Exercise instructions:
Your answer should hold every line of the records below that contains the string "refl".

··· Extracted information ···

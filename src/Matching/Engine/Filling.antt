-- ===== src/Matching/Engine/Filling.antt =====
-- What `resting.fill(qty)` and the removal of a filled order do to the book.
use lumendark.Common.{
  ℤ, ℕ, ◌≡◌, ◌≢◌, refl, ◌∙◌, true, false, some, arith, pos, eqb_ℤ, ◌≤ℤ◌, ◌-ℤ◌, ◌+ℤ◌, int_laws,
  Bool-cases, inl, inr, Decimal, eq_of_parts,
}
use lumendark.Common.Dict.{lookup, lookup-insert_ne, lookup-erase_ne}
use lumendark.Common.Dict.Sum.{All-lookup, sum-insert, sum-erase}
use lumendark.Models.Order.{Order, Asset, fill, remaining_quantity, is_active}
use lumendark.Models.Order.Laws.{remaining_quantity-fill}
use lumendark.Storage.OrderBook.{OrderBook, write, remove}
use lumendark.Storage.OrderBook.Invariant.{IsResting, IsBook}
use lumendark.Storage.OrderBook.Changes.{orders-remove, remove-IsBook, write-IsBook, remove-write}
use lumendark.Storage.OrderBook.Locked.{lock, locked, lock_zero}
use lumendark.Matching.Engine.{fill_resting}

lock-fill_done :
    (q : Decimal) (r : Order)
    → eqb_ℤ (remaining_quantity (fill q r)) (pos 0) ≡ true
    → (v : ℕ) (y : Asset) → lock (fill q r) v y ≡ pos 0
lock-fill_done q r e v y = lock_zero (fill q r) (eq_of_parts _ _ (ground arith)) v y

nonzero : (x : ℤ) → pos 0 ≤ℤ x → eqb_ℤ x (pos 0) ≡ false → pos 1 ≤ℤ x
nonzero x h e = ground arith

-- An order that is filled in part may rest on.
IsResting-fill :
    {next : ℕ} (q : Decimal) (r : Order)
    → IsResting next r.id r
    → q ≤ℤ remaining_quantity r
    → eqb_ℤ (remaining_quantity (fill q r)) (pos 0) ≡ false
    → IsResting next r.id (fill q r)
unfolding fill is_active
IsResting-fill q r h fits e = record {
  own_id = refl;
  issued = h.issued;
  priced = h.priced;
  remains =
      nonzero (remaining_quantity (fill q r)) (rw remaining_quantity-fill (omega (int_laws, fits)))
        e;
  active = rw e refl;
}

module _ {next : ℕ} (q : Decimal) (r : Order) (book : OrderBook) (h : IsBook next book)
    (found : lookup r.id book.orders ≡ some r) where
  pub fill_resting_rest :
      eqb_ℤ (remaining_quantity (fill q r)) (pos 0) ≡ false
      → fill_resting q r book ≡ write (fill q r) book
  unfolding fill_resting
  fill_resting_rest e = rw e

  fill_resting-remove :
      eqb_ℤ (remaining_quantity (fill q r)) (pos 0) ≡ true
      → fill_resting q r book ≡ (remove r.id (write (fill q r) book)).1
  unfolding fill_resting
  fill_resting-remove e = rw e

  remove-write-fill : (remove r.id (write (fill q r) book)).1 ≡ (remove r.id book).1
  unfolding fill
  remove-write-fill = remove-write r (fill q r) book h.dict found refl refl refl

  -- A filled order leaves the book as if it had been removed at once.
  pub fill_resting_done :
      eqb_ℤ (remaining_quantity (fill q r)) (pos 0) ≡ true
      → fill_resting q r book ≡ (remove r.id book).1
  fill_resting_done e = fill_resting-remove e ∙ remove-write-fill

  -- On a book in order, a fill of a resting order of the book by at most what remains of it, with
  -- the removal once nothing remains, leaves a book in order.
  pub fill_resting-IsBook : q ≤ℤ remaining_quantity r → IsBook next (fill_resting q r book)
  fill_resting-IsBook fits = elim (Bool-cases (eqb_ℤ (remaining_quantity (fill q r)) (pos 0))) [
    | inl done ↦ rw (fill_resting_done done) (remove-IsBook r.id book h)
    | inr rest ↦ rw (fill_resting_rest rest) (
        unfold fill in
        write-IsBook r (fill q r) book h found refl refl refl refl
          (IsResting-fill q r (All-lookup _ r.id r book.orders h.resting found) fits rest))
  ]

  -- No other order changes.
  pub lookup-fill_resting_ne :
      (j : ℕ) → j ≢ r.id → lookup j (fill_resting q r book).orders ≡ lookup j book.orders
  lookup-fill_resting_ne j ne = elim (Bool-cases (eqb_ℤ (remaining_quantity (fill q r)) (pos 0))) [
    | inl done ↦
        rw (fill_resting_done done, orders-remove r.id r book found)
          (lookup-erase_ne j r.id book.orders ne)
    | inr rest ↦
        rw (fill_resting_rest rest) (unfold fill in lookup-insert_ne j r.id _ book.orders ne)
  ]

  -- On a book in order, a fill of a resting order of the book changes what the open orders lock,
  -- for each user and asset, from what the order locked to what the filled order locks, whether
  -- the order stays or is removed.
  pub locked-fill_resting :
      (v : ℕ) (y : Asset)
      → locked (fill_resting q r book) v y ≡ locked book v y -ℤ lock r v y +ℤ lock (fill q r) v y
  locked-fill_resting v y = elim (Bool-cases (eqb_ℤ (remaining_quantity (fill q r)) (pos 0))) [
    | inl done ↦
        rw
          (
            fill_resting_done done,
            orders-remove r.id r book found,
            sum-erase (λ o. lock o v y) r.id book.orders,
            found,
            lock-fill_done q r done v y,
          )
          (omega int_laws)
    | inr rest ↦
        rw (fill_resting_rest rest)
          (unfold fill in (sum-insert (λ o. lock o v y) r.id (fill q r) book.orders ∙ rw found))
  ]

···

Answer box:
  ℤ, ℕ, ◌≡◌, ◌≢◌, refl, ◌∙◌, true, false, some, arith, pos, eqb_ℤ, ◌≤ℤ◌, ◌-ℤ◌, ◌+ℤ◌, int_laws,
  own_id = refl;
  active = rw e refl;
  remove-write-fill = remove-write r (fill q r) book h.dict found refl refl refl
        write-IsBook r (fill q r) book h found refl refl refl refl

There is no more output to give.